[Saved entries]
──────────
-- ===== src/UrlRequest/PostData/Writing/Lengths.antt =====
-- What the loops that send a request's body append, and when they end.
use freshplayerplugin.Base.{
  ℕ, zero, suc, ◌+◌, ◌-◌, ◌%◌, ◌^◌, ◌≤◌, ◌<◌, ◌≡◌, refl, sym, ap, ◌∙◌, Bool, true, false, ◌||◌,
  ◌&&◌, Option, none, some, List, [], ◌∷◌, ◌++◌, ◌==◌, leb, Bytes, length, take, drop,
  length-append, Bool-cases, inl, inr, ◌>>=◌, >>=-eq-some, arith,
}
use freshplayerplugin.UrlRequest.{PostItem}
use freshplayerplugin.UrlRequest.PostData.{
  FileInfo, item_length, length_from, post_data_get_all_item_length,
}
use native.Mathlib.Nat.{mod-eq_of_lt}
use mathlib.Core.List.{append-nil, append_assoc}
use freshplayerplugin.UrlRequest.PostData.Writing.{
  Readable, chunk, smaller, copy_file, size_of, write_slice, first_of, post_data_write_to_gstring,
  write_items, item_bytes, body_bytes,
}

-- Reading a chunk, and then the rest.
take_chunks :
    (m r n : ℕ) (f : Bytes)
    → m + r ≡ n
    → n ≤ length f
    → (take m f ++ take r (drop m f) ≡ take n f) × (length (take m f) ≡ m) × (r ≤ length (drop m f))
take_chunks zero r n f h k = (ap (λ x. take x f) (omega arith), refl, omega arith)
take_chunks (suc m) r zero f h k = absurd (omega arith)
take_chunks (suc m) r (suc n) [] h k = elim k [ ]
take_chunks (suc m) r (suc n) (c ∷ f) h k =
    let (whole, long, left) = take_chunks m r n f (omega arith) (omega arith) in
    (ap (◌∷◌ c) whole, omega (arith, long), left)

-- A file that has as many bytes as are asked for is copied up to there.
copy_file-long :
    (fuel : ℕ) (fails : Bool) (f : Bytes) (to_write : ℕ) (s : Bytes)
    → to_write < fuel
    → to_write ≤ length f
    → copy_file fuel fails f to_write s ≡ some (s ++ take to_write f)
unfolding copy_file
copy_file-long zero fails f to_write s h k = elim h [ ]
copy_file-long (suc fuel) fails f zero s h k = ap some (sym (append-nil s))
copy_file-long (suc fuel) fails f (suc n) s h k =
    let m : ℕ = smaller (suc n) chunk in
    let small : m ≤ suc n = ground arith in
    let some_bytes : 0 < m = ground arith in
    let (whole, long, left) = take_chunks m (suc n - m) (suc n) f (omega (arith, small)) k in
    let more : (suc n == 0 || fails && length (take m f) == 0) ≡ false = ground (arith, long) in
    rw (more, long)
      (copy_file-long fuel fails (drop m f) (suc n - m) (s ++ take m f) (omega (arith, some_bytes))
          left
        ∙ ap some
            (append_assoc s (take m f) (take (suc n - m) (drop m f)) ∙ ap (λ x. s ++ x) whole))

take-drop-length : (m : ℕ) (f : Bytes) → length (take m f) + length (drop m f) ≡ length f
take-drop-length zero f = omega arith
take-drop-length (suc m) [] = omega arith
take-drop-length (suc m) (c ∷ f) = omega (arith, take-drop-length m f)

-- A file with fewer bytes than are asked for is read for ever.
copy_file-short :
    (fuel : ℕ) (f : Bytes) (to_write : ℕ) (s : Bytes)
    → length f < to_write
    → copy_file fuel false f to_write s ≡ none
unfolding copy_file
copy_file-short zero f to_write s h = refl
copy_file-short (suc fuel) f to_write s h =
    let m : ℕ = smaller to_write chunk in
    let more : (to_write == 0) ≡ false = ground arith in
    rw more (
      copy_file-short fuel (drop m f) (to_write - length (take m f)) (s ++ take m f)
        (omega (arith, take-drop-length m f)))

length-take : (n : ℕ) (f : Bytes) → n ≤ length f → length (take n f) ≡ n
length-take zero f h = refl
length-take (suc n) [] h = elim h [ ]
length-take (suc n) (c ∷ f) h = omega (arith, length-take n f)

first_of-length :
    (n : ℕ) (f : Readable) (b : Bytes)
    → first_of (some n) (some f) ≡ some b
    → (n ≤ length f.bytes) × (take n f.bytes ≡ b) × (length b ≡ n)
first_of-length n f b e = elim (Bool-cases (leb n (length f.bytes))) [
  | inl y ↦
      let h : n ≤ length f.bytes = ground arith in
      let same : take n f.bytes ≡ b = ground arith in
      (h, same, ap length (sym same) ∙ length-take n f.bytes h)
  | inr n ↦ absurd (ground arith)
]

write_slice-first_of :
    (fuel : ℕ) (o : Option ℕ) (s : Bytes) (p : Option Readable) (b : Bytes)
    → first_of o p ≡ some b
    → length b < fuel
    → (write_slice fuel o s p ≡ some (s ++ b)) × (o ≡ some (length b))
write_slice-first_of fuel none s p b e h = absurd (cc)
write_slice-first_of fuel (some n) s none b e h = absurd (cc)
write_slice-first_of fuel (some n) s (some f) b e h =
    let (there, same, long) = first_of-length n f b e in
    (
      copy_file-long fuel f.fails f.bytes n s (omega arith) there ∙ ap (λ x. some (s ++ x)) same,
      ap some (sym long),
    )

module _ (query : ℕ → Option FileInfo) (same_time : ℕ → ℕ → Bool)
    (open_file : ℕ → Option Readable) where
  item_length-data :
      (i : PostItem)
      → (i.file_ref == 0) ≡ true
      → item_length query same_time i ≡ some (length i.content)
  unfolding item_length
  item_length-data i e = rw e refl

  item_bytes-written :
      (fuel : ℕ) (i : PostItem) (s b : Bytes)
      → item_bytes query same_time open_file i ≡ some b
      → length b < fuel
      → (post_data_write_to_gstring query same_time open_file fuel i s ≡ some (s ++ b))
        × (item_length query same_time i ≡ some (length b))
  unfolding post_data_write_to_gstring
  item_bytes-written fuel i s b e h = elim (Bool-cases (i.file_ref == 0)) [
    | inl y ↦
        let same : i.content ≡ b = ground arith in
        (rw y (ap (λ x. some (s ++ x)) same), item_length-data i y ∙ ap (λ x. some (length x)) same)
    | inr n ↦
        let out =
          write_slice-first_of fuel (item_length query same_time i) s (open_file i.file_ref) b
            (ground arith) h in
        (rw n out.0, out.1)
  ]

  -- the bytes of the first piece and of the others
  body_bytes-cons :
      (i : PostItem) (is : List PostItem) (b : Bytes)
      → body_bytes query same_time open_file (i ∷ is) ≡ some b
      → (x : Bytes) × (xs : Bytes) × (item_bytes query same_time open_file i ≡ some x)
        × (body_bytes query same_time open_file is ≡ some xs)
        × (x ++ xs ≡ b)
  unfolding body_bytes
  body_bytes-cons i is b e =
      let (x, first, more) =
        >>=-eq-some (item_bytes query same_time open_file i)
          (λ x. body_bytes query same_time open_file is >>= λ xs. some (x ++ xs)) e in
      let (xs, rest, whole) =
        >>=-eq-some (body_bytes query same_time open_file is) (λ xs. some (x ++ xs)) more in
      (x, xs, first, rest, cc)

  -- The loops over the items of a body, with the length that has been counted before.
  write_items-length_from :
      (is : List PostItem) (fuel t : ℕ) (s b : Bytes)
      → body_bytes query same_time open_file is ≡ some b
      → length b < fuel
      → t + length b < 2 ^ 64
      → (write_items query same_time open_file fuel is s ≡ some (s ++ b))
        × (length_from query same_time t is ≡ some (t + length b))
  unfolding write_items length_from body_bytes
  write_items-length_from [] fuel t s b e h k =
      let none_left : [] ≡ b = cc in
      (
        ap (λ x. some x) (sym (append-nil s) ∙ ap (λ x. s ++ x) none_left),
        ap some (omega (arith, ap length none_left)),
      )
  write_items-length_from (i ∷ is) fuel t s b e h k =
      let (x, xs, first, rest, whole) = body_bytes-cons i is b e in
      let sizes : length x + length xs ≡ length b = sym (length-append x xs) ∙ ap length whole in
      let (written, known) = item_bytes-written fuel i s x first (omega (arith, sizes)) in
      let (later, total) =
        write_items-length_from is fuel (t + length x) (s ++ x) xs rest (omega (arith, sizes))
          (omega (arith, sizes)) in
      let small : (t + length x) % 2 ^ 64 ≡ t + length x = mod-eq_of_lt (omega (arith, sizes)) in
      (
        rw written (later ∙ ap some (append_assoc s x xs ∙ ap (λ y. s ++ y) whole)),
        rw (known, small) (total ∙ ap some (omega (arith, sizes))),
      )

  -- A body whose files can be opened, have not changed, and are as long as their slices, is appended
  -- to the string piece by piece, if the loop over each file has as many rounds as the body has
  -- bytes, and one more; and the length that is announced for it, if it is below 2^64, is the number
  -- of bytes that are appended.
  pub write_items-length :
      (is : List PostItem) (fuel : ℕ) (s b : Bytes)
      → body_bytes query same_time open_file is ≡ some b
      → length b < fuel
      → length b < 2 ^ 64
      → (write_items query same_time open_file fuel is s ≡ some (s ++ b))
        × (post_data_get_all_item_length query same_time is ≡ some (length b))
  unfolding post_data_get_all_item_length
  write_items-length is fuel s b e h k =
      let (written, known) = write_items-length_from is fuel 0 s b e h (omega arith) in
      (written, known ∙ ap some (omega arith))

  -- A slice of a file that is longer than the file, or whose length is an error, has no end, if no
  -- read of the file fails: the loop that appends the slice never finishes, however many rounds it is given.
  pub post_data_write_to_gstring-stuck :
      (i : PostItem) (f : Readable)
      → (i.file_ref == 0) ≡ false
      → open_file i.file_ref ≡ some f
      → f.fails ≡ false
      → length f.bytes < size_of (item_length query same_time i)
      → (fuel : ℕ) (s : Bytes)
      → post_data_write_to_gstring query same_time open_file fuel i s ≡ none
  unfolding post_data_write_to_gstring
  post_data_write_to_gstring-stuck i f is_file opened reads short fuel s =
      rw (is_file, opened, reads)
        (copy_file-short fuel f.bytes (size_of (item_length query same_time i)) s short)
──────────
Using the data above, extract exactly the lines from the one that holds "fuel i s ≡ none" to the one that holds "rw (is_file, opened, reads)", both ends included, and no others.

      → post_data_write_to_gstring query same_time open_file fuel i s ≡ none
  unfolding post_data_write_to_gstring
  post_data_write_to_gstring-stuck i f is_file opened reads short fuel s =
      rw (is_file, opened, reads)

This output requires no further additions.